Sapras di Aceh Singkil Diduga Jadi Lahan Korupsi, Proyek JUT Disorot Tajam
Newscyber.id | ACEH SINGKIL – Dugaan penyimpangan dalam pengelolaan sarana dan prasarana (sapras) kembali mencuat di Kabupaten Aceh Singkil. Kali ini, proyek penimbunan Jalan Usaha Tani (JUT) di Desa Blok 31, Kecamatan Gunung Meriah, menjadi sorotan serius setelah dinilai dikerjakan secara asal jadi.
Proyek yang disebut-sebut dikerjakan oleh Koperasi Blok 30 “Sejahtera” itu menuai kritik dari berbagai pihak, termasuk pemerhati daerah, Budi Harjo. Ia menilai persoalan ini bukan sekadar teknis pembangunan, melainkan berpotensi mengarah pada dugaan penyimpangan anggaran.
“JUT itu bukan proyek simbolik. Ini kebutuhan vital petani. Kalau dikerjakan asal-asalan, material tidak jelas kualitasnya, dan tidak sesuai spesifikasi, maka yang dirugikan adalah masyarakat kecil,” tegas Budi.
Menurutnya, proyek yang menggunakan anggaran negara seharusnya dilaksanakan secara transparan dan akuntabel. Namun, fakta di lapangan justru menunjukkan minimnya keterbukaan. Tidak ditemukan papan informasi proyek, nilai anggaran tidak diketahui, serta pelaksana teknis yang tidak jelas.
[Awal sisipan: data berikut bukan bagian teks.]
-- ===== src/Domain/Opportunity.antt =====
-- Requirements and opportunities (include/ccmcp/domain/requirement.h and opportunity.h,
-- src/domain/requirement.cpp and opportunity.cpp).
pub mod Laws
use career_coordination_mcp.Prelude.{
  Str, lit, Bool, true, false, not, List, [], ◌∷◌, ◌++◌, map, if◌then◌else◌, is_empty, strs_eq,
}
use career_coordination_mcp.Core.Result.{Result, ok, err}
use career_coordination_mcp.Core.Normalization.{normalize_tags, trim}

pub record Requirement : Type 0 where
  pub text : Str
  pub tags : List Str
  pub required : Bool

pub record Opportunity : Type 0 where
  pub opportunity_id : Str
  pub company : Str
  pub role_title : Str
  pub requirements : List Requirement
  pub source : Str

-- `Requirement::validate`
unfoldable pub validate_requirement : Requirement → Result Bool Str
validate_requirement req =
    if is_empty req.text
    then err (lit "requirement text must not be empty")
    else if not (is_empty req.tags)
    then (if not (strs_eq req.tags (normalize_tags req.tags))
        then err (lit "tags must be normalized (lowercase, sorted, deduplicated)")
        else ok true)
    else ok true

unfoldable pub normalize_requirement : Requirement → Requirement
unfolding trim normalize_tags
normalize_requirement req = record req { text = trim req.text; tags = normalize_tags req.tags }

-- The loop of `Opportunity::validate` over the requirements
unfoldable pub validate_requirements : List Requirement → Result Bool Str
unfolding validate_requirement
validate_requirements [] = ok true
validate_requirements (req ∷ reqs) = elim (validate_requirement req) [
  | ok _ ↦ validate_requirements reqs
  | err message ↦ err (lit "invalid requirement: " ++ message)
]

-- `Opportunity::validate`
unfoldable pub validate_opportunity : Opportunity → Result Bool Str
unfolding validate_requirements
validate_opportunity opp =
    if is_empty opp.opportunity_id
    then err (lit "opportunity_id must not be empty")
    else if is_empty opp.company
    then err (lit "company must not be empty")
    else if is_empty opp.role_title
    then err (lit "role_title must not be empty")
    else validate_requirements opp.requirements

unfoldable pub normalize_opportunity : Opportunity → Opportunity
unfolding normalize_requirement
normalize_opportunity opp = record opp {
  company = trim opp.company;
  role_title = trim opp.role_title;
  source = trim opp.source;
  requirements = map normalize_requirement opp.requirements;
}
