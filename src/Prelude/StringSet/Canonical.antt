-- ===== src/Prelude/StringSet/Canonical.antt =====
-- A strictly ascending list is determined by its members.
use career_coordination_mcp.Prelude.Text.{
  Str, str_lt, str_eq_iff, str_eq_refl, str_lt_irrefl, str_lt_trans, str_lt_asymm,
}
use career_coordination_mcp.Prelude.StringSet.{
  contains, insert_all, sort, unique, Above, IsAscending, contains-insert_all, contains-sort,
  contains-unique, insert_all-IsAscending, unique-sort-IsAscending,
}
use mathlib.Core.Path.{◌≡◌, refl, sym, ◌∙◌, ap₂}
use mathlib.Core.Bool.{true, false}
use mathlib.Core.List.{List, [], ◌∷◌}
use native.Mathlib.Omega.{arith}

-- What lies below the head lies below every member.
pub Above-member :
    (x : Str) (ys : List Str) (z : Str)
    → IsAscending ys
    → Above x ys
    → contains ys z ≡ true
    → str_lt x z ≡ true
unfolding contains
Above-member x [] z a h m = cc
Above-member x (y ∷ ys) z a h m =
    ground (arith, str_eq_iff y z, Above-member y ys z, str_lt_trans x y z)

abbrev pub SameMembers : List Str → List Str → Type 0
SameMembers xs ys = (z : Str) → contains xs z ≡ contains ys z

-- `x` is no member of an ascending list that starts above it.
not_member : (x : Str) (ys : List Str) → IsAscending ys → Above x ys → contains ys x ≡ false
not_member x ys a h = ground (arith, Above-member x ys x a h, str_lt_irrefl x)

heads_equal :
    (x : Str) (xs : List Str) (y : Str) (ys : List Str)
    → IsAscending (x ∷ xs)
    → IsAscending (y ∷ ys)
    → contains (y ∷ ys) x ≡ true
    → contains (x ∷ xs) y ≡ true
    → x ≡ y
unfolding contains
heads_equal x xs y ys a b h k = ground (
  arith,
  str_eq_iff x y,
  str_eq_iff y x,
  Above-member x xs y a.1 a.0,
  Above-member y ys x b.1 b.0,
  str_lt_asymm x y,
)

tails_agree :
    (x y : Str) (xs ys : List Str)
    → IsAscending (x ∷ xs)
    → IsAscending (y ∷ ys)
    → x ≡ y
    → SameMembers (x ∷ xs) (y ∷ ys)
    → SameMembers xs ys
unfolding contains
tails_agree x y xs ys a b e h z =
    ground
      (arith, h z, str_eq_iff x z, str_eq_iff y z, not_member x xs a.1 a.0, not_member y ys b.1 b.0)

pub IsAscending-unique :
    (xs ys : List Str) → IsAscending xs → IsAscending ys → SameMembers xs ys → xs ≡ ys
unfolding contains
IsAscending-unique [] [] a b h = refl
IsAscending-unique [] (y ∷ ys) a b h = ground (arith, h y, str_eq_refl y)
IsAscending-unique (x ∷ xs) [] a b h = ground (arith, h x, str_eq_refl x)
IsAscending-unique (x ∷ xs) (y ∷ ys) a b h =
    let same : x ≡ y =
      heads_equal x xs y ys a b (ground (arith, h x, str_eq_refl x))
        (ground (arith, h y, str_eq_refl y)) in
    ap₂ ◌∷◌ same (IsAscending-unique xs ys a.1 b.1 (tails_agree x y xs ys a b same h))

-- A set built by insertion is the sorted vector without its copies.
pub insert_all-eq-unique-sort : (xs : List Str) → insert_all [] xs ≡ unique (sort xs)
unfolding contains
insert_all-eq-unique-sort xs =
    IsAscending-unique _ _ (insert_all-IsAscending [] xs tt) (unique-sort-IsAscending xs)
      λ z. contains-insert_all [] xs z ∙ sym (contains-unique (sort xs) z ∙ contains-sort xs z)

-- Sorting and deduplicating an ascending list changes nothing.
pub unique-sort_of_IsAscending : (xs : List Str) → IsAscending xs → unique (sort xs) ≡ xs
unique-sort_of_IsAscending xs a =
    IsAscending-unique _ _ (unique-sort-IsAscending xs) a
      λ z. contains-unique (sort xs) z ∙ contains-sort xs z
“Kalau dari awal sudah tertutup, wajar publik curiga. Ini bukan hanya soal pekerjaan fisik, tapi juga menyangkut akuntabilitas penggunaan uang rakyat,” ujarnya.
Keluhan masyarakat pun memperkuat dugaan tersebut. Warga menilai kondisi jalan yang dikerjakan tidak sesuai harapan. Selain sempit, terdapat galian di sisi kiri dan kanan jalan yang tidak jelas manfaatnya. Bahkan, tidak ada penguatan seperti pengecoran bahu jalan, sehingga berisiko longsor.
“Jalan tidak bisa dilalui dua truk hasil panen secara bersamaan. Ini jelas tidak sesuai dengan tujuan awal pembangunan untuk mendukung aktivitas pertanian,” tambah Budi.
Atas kondisi itu, ia mendesak Inspektorat Kabupaten Aceh Singkil untuk segera melakukan audit menyeluruh, baik dari sisi teknis maupun administrasi. Ia juga meminta Badan Pemeriksa Keuangan (BPK) serta Aparat Penegak Hukum (APH) turun tangan jika ditemukan indikasi pelanggaran.
“Jangan tunggu viral baru bergerak. Ini uang rakyat, harus dipertanggungjawabkan. Jika ada indikasi penyimpangan, harus ditindak tegas,” katanya.
Pantauan awak media di lapangan menunjukkan bahwa proyek yang bersumber dari dana sapras tersebut diduga kuat menjadi celah praktik korupsi. Kondisi ini memunculkan pertanyaan publik terkait keseriusan pengawasan dan penegakan hukum di daerah.
Masyarakat kini menanti langkah konkret dari aparat penegak hukum untuk melakukan penyelidikan dan, bila perlu, meningkatkan status ke tahap penyidikan.
“Kepercayaan masyarakat dipertaruhkan. Pemerintah harus hadir dan menunjukkan keberpihakan kepada rakyat, bukan membiarkan proyek bermasalah,” tutup Budi.